- Born: 1945 (age 80–81)
- Education: University of Gothenburg
- Known for: Research on deep-sea molluscs and Eulimidae
- Scientific career
- Fields: Zoology, malacology
- Workplaces: University of Gothenburg; Swedish Museum of Natural History

= Anders Herman Warén =

Swedish zoologist and malacologist

Anders Herman Warén (born 1945) is a Swedish zoologist and malacologist specializing in invertebrates, particularly molluscs of the family Eulimidae.

== Biography ==

Warén holds a doctorate in biology from the University of Gothenburg. He was a research assistant in the university's Department of Zoology from 1979 to 1984 and subsequently became the first curator of the Department of Invertebrates at the Swedish Museum of Natural History in Stockholm. His research has focused on the fauna of deep-sea molluscs, shelled molluscs of the North Atlantic, and molluscs associated with chemosynthetic environments.
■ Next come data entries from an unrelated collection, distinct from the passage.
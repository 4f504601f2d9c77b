-- ===== src/Queue/Executor.antt =====
-- utils/concurrency/worker_executor.h: the executor that queues jobs for its workers.
use mathlib.Core.List.{append-nil, append_assoc}
use red_giant.Prelude.{
  ℕ, zero, suc, ap, ◌∙◌, ◌<◌, ◌≡◌, ◌≢◌, true, Option, none, some, List, [], ◌∷◌, ◌++◌, arith,
  if◌then◌else◌, ◌==◌, length,
}
use red_giant.Queue.{MessageQueue, Progress, waits, returns, empty_queue, pop, push, flush, size}

-- `threads` is the number of the worker threads that were started and not yet joined.
pub record WorkerExecutor (Job : Type 0) : Type 0 where
  pub thread_num : ℕ
  pub queue : MessageQueue Job
  pub threads : ℕ

module _ {Job : Type 0} where
  unfoldable pub worker_executor : ℕ → ℕ → WorkerExecutor Job
  worker_executor thread_num queue_size = record {
    thread_num = thread_num;
    queue = empty_queue queue_size;
    threads = 0;
  }

  -- The object after `start`; the threads run `work_round` from then on.
  unfoldable pub start : WorkerExecutor Job → WorkerExecutor Job
  start e = if e.threads == 0 then record e { threads = e.thread_num } else e

  -- After `join` no thread is left.
  unfoldable pub stop : WorkerExecutor Job → WorkerExecutor Job
  stop e = if e.threads == 0 then e else record e { queue = flush e.queue; threads = 0 }

  -- What `push` returns is dropped.
  unfoldable pub schedule : Job → WorkerExecutor Job → Progress (WorkerExecutor Job)
  schedule job e = elim (push job e.queue) [
    | waits ↦ waits
    | returns r ↦ returns (record e { queue = r.1 })
  ]

  unfoldable pub get_queue_size : WorkerExecutor Job → ℕ
  get_queue_size e = size e.queue

  -- One round of the loop of `work`: the worker `w` executes a job, which may change both; `next`
  -- collects the jobs that are handed on, where there is a next executor;
  -- `none` leaves the loop.
  unfoldable pub work_round :
      {W : Type 0}
      → (Job → W → Job × W)
      → W × MessageQueue Job × List Job
      → Progress (Option (W × MessageQueue Job × List Job))
  work_round execute (w, q, next) = elim (pop q) [
    | waits ↦ waits
    | returns r ↦ elim r.0 [
      | none ↦ returns none
      | some job ↦ returns (some ((execute job w).1, r.1, next ++ (execute job w).0 ∷ []))
    ]
  ]

  -- An executor that has been stopped takes no job any more, not even when it is started again:
  -- its threads leave their loops at once, and `schedule` drops the job and does not say so.
  pub start-stop :
      {W : Type 0} (execute : Job → W → Job × W) (w : W) (next : List Job) (job : Job)
      (e : WorkerExecutor Job)
      → e.threads ≢ 0
      → ((start (stop e)).threads ≡ e.thread_num)
        × (schedule job (start (stop e)) ≡ returns (start (stop e)))
        × (work_round execute (w, (start (stop e)).queue, next) ≡ returns none)
  unfolding start stop schedule work_round push pop flush
  start-stop execute w next job e h = ground arith

  -- A second `start` changes nothing, nor does a second `stop`.
  pub start-stop_again :
      (e : WorkerExecutor Job)
      → e.thread_num ≢ 0
      → (start (start e) ≡ start e) × (stop (stop e) ≡ stop e) × ((stop e).threads ≡ 0)
  unfolding start stop
  start-stop_again e h = ground arith

  -- The jobs of a list, one after the other, and what the worker then is.
  abbrev pub executed : {W : Type 0} → (Job → W → Job × W) → List Job → W → List Job × W
  executed execute [] w = ([], w)
  executed execute (job ∷ l) w = (
    (execute job w).0 ∷ (executed execute l (execute job w).1).0,
    (executed execute l (execute job w).1).1,
  )

  -- The loop of `work` until it waits or ends; `none`: the fuel ran out.
  unfoldable pub work_loop :
      {W : Type 0}
      → (Job → W → Job × W)
      → ℕ
      → W × MessageQueue Job × List Job
      → Option (W × MessageQueue Job × List Job)
  work_loop execute zero s = none
  work_loop execute (suc fuel) s = elim (work_round execute s) [
    | waits ↦ some s
    | returns r ↦ elim r [ none ↦ some s | some s' ↦ work_loop execute fuel s' ]
  ]

  -- A worker alone on a queue that is alive executes the jobs in it in their order, hands them on
  -- in that order, and then waits at the empty queue.
  pub work_loop-executed :
      {W : Type 0} (execute : Job → W → Job × W) (fuel : ℕ) (w : W) (jobs next : List Job)
      (max_size : ℕ)
      → length jobs < fuel
      → work_loop execute fuel (w, record { queue = jobs; max_size = max_size; alive = true }, next)
        ≡ some
            ((executed execute jobs w).1, empty_queue max_size, next ++ (executed execute jobs w).0)
  unfolding work_loop work_round pop
  work_loop-executed execute zero w jobs next m h = absurd (omega arith)
  work_loop-executed execute (suc fuel) w [] next m h = cc (append-nil next)
  work_loop-executed execute (suc fuel) w (job ∷ l) next m h =
      let (job', w') = execute job w in
      work_loop-executed execute fuel w' l (next ++ job' ∷ []) m (omega arith)
      ∙ ap (λ (n : List Job). some ((executed execute l w').1, empty_queue m, n))
          (append_assoc next (job' ∷ []) (executed execute l w').0)
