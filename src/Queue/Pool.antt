-- ===== src/Queue/Pool.antt =====
-- utils/concurrency/thread_pool_executor.h: threads that queue their ids while they are free, and
-- to which jobs are handed directly, one step at a time. A thread holds its mutex within a step
-- only, since `wait` leaves it.
use red_giant.Prelude.{
  ℕ, suc, ◌≡◌, Bool, true, false, Option, none, some, List, [], ◌∷◌, ◌++◌, if◌then◌else◌, ◌==◌, ltb,
}
use red_giant.Queue.{MessageQueue, returns, empty_queue, pop, push, flush}

-- Where a thread is in `run`: it pushes its id, it is about to take the lock, it waits, it has been
-- woken, it runs a job, or it has left the loop.
pub data Place (Job : Type 0) : Type 0 where
  pushing locking waiting awake ended : Place Job
  running : Job → Place Job

-- `due` counts the calls of `notify_one` that are still to come.
pub record ThreadExecutor (Job : Type 0) : Type 0 where
  pub place : Place Job
  pub active : Bool
  pub job : Option Job
  pub due : ℕ

-- `handed` are the calls of `schedule` that have popped an id and not yet set the job.
pub record ThreadPool (Job : Type 0) : Type 0 where
  pub queue : MessageQueue ℕ
  pub executors : ℕ → ThreadExecutor Job
  pub handed : List (ℕ × Job)
  pub executed : List Job

-- What a step is due to: a thread or a caller goes on, the thread wakes unasked, or it is stopped.
pub data Cause : Type 0 where
  asked : Cause
  unasked stopping : ℕ → Cause

abbrev pub IsAsked : Cause → Type 0
IsAsked asked = Unit
IsAsked (unasked i) = ⊥
IsAsked (stopping i) = Unit

abbrev pub Spares : ℕ → Cause → Type 0
Spares i asked = Unit
Spares i (unasked k) = (k == i) ≡ false
Spares i (stopping k) = (k == i) ≡ false

module _ {Job : Type 0} where
  -- `ThreadExecutor(id, queue)`, before and after `start`.
  abbrev pub thread_executor : ThreadExecutor Job
  thread_executor = record { place = ended; active = false; job = none; due = 0 }

  unfoldable pub start_thread : ThreadExecutor Job → ThreadExecutor Job
  start_thread e = if e.active then e else record e { active = true; place = pushing }

  -- `stop`: `notify_all` wakes the thread if it waits.
  unfoldable pub wake : Place Job → Place Job
  wake waiting = awake
  wake p = p

  unfoldable pub stop_thread : ThreadExecutor Job → ThreadExecutor Job
  unfolding wake
  stop_thread e = if e.active then record e { active = false; place = wake e.place } else e

  -- `ThreadExecutor::schedule`, up to the notification.
  unfoldable pub schedule_thread : Job → ThreadExecutor Job → ThreadExecutor Job
  schedule_thread job e = record e { job = some job; due = suc e.due }

  -- The parts of `run`: up to `wait`, and after it.
  unfoldable pub enter_wait : ThreadExecutor Job → ThreadExecutor Job
  enter_wait e = if e.active then record e { place = waiting } else record e { place = ended }

  unfoldable pub get_signaled : ThreadExecutor Job → ThreadExecutor Job
  get_signaled e =
      if e.active
      then elim e.job [
        | none ↦ record e { place = pushing }
        | some job ↦ record e { job = none; place = running job }
      ]
      else record e { place = ended }

  -- `ThreadPoolExecutor(thread_num)` after `start`.
  unfoldable pub start_pool : ℕ → ThreadPool Job
  unfolding start_thread
  start_pool thread_num = record {
    queue = empty_queue thread_num;
    executors = λ i. if ltb i thread_num then start_thread thread_executor else thread_executor;
    handed = [];
    executed = [];
  }

  -- The executor at one id changes.
  abbrev pub with_executor : ℕ → ThreadExecutor Job → ThreadPool Job → ThreadPool Job
  with_executor i e s = record s { executors = λ j. if i == j then e else s.executors j }

  -- The steps of the threads, of the callers of `schedule`, and of `stop`. An executor that was
  -- destroyed stays where it was; a caller that has popped its id before must not use it any more.
  pub data Step (s : ThreadPool Job) : Cause → ThreadPool Job → Type 0 where
    announces :
        (i : ℕ) (q' : MessageQueue ℕ)
        → (s.executors i).place ≡ pushing
        → push i s.queue ≡ returns (true, q')
        → Step s asked
            (with_executor i (record (s.executors i) { place = locking }) (record s { queue = q' }))
    announce_fails :
        (i : ℕ) (q' : MessageQueue ℕ)
        → (s.executors i).place ≡ pushing
        → push i s.queue ≡ returns (false, q')
        → Step s asked
            (with_executor i (record (s.executors i) { place = ended }) (record s { queue = q' }))
    enters :
        (i : ℕ)
        → (s.executors i).place ≡ locking
        → Step s asked (with_executor i (enter_wait (s.executors i)) s)
    signaled :
        (i : ℕ)
        → (s.executors i).place ≡ awake
        → Step s asked (with_executor i (get_signaled (s.executors i)) s)
    finishes :
        (i : ℕ) (job : Job)
        → (s.executors i).place ≡ running job
        → Step s asked (
            with_executor i
              (record (s.executors i) { place = pushing })
              (record s { executed = s.executed ++ job ∷ [] }))
    -- `ThreadPoolExecutor::schedule`; it waits while no id is in the queue.
    schedules :
        (i : ℕ) (job : Job) (q' : MessageQueue ℕ)
        → pop s.queue ≡ returns (some i, q')
        → Step s asked (record s { queue = q'; handed = (i, job) ∷ s.handed })
    drops :
        (job : Job) (q' : MessageQueue ℕ)
        → pop s.queue ≡ returns (none, q')
        → Step s asked (record s { queue = q' })
    hands_over :
        (a b : List (ℕ × Job)) (i : ℕ) (job : Job)
        → s.handed ≡ a ++ ((i, job) ∷ b)
        → Step s asked
            (with_executor i (schedule_thread job (s.executors i)) (record s { handed = a ++ b }))
    notifies :
        (i n : ℕ)
        → (s.executors i).due ≡ suc n
        → Step s asked (
            with_executor i
              (record (s.executors i) { due = n; place = wake (s.executors i).place })
              s)
    -- `wait` returns although nobody has notified the thread.
    wakes_unasked :
        (i : ℕ)
        → (s.executors i).place ≡ waiting
        → Step s (unasked i) (with_executor i (record (s.executors i) { place = awake }) s)
    -- `ThreadPoolExecutor::stop`: it flushes the queue, and the destructors stop the threads.
    flushes : Step s asked (record s { queue = flush s.queue })
    stops :
        (i : ℕ)
        → s.queue.alive ≡ false
        → Step s (stopping i) (with_executor i (stop_thread (s.executors i)) s)

  -- What is reachable while no thread wakes unasked.
  pub data Reachable (thread_num : ℕ) : ThreadPool Job → Type 0 where
    start : Reachable thread_num (start_pool thread_num)
    step :
        (s s' : ThreadPool Job) (c : Cause)
        → Reachable thread_num s
        → IsAsked c
        → Step s c s'
        → Reachable thread_num s'

  -- Any number of steps, none of which wakes the thread `i` unasked or stops it.
  pub data Steps (i : ℕ) (s : ThreadPool Job) : ThreadPool Job → Type 0 where
    here : Steps i s s
    further :
        (t u : ThreadPool Job) (c : Cause) → Steps i s t → Spares i c → Step t c u → Steps i s u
He has participated in numerous marine expeditions around the world, including expeditions in the tropical seas of the Pacific Ocean. His work on tropical eastern Pacific eulimid gastropods included the publication Comments on and descriptions of eulimid gastropods from tropical west America in The Veliger in 1992.

Warén has described and named several hundred species of molluscs new to science. He also described the family Ebalidae in connection with his work on the systematic position and validity of the genus Ebala. The taxon is now treated as the subfamily Ebalinae.

The author abbreviation Warén is used to identify Anders Herman Warén as the author of scientific names in zoological nomenclature.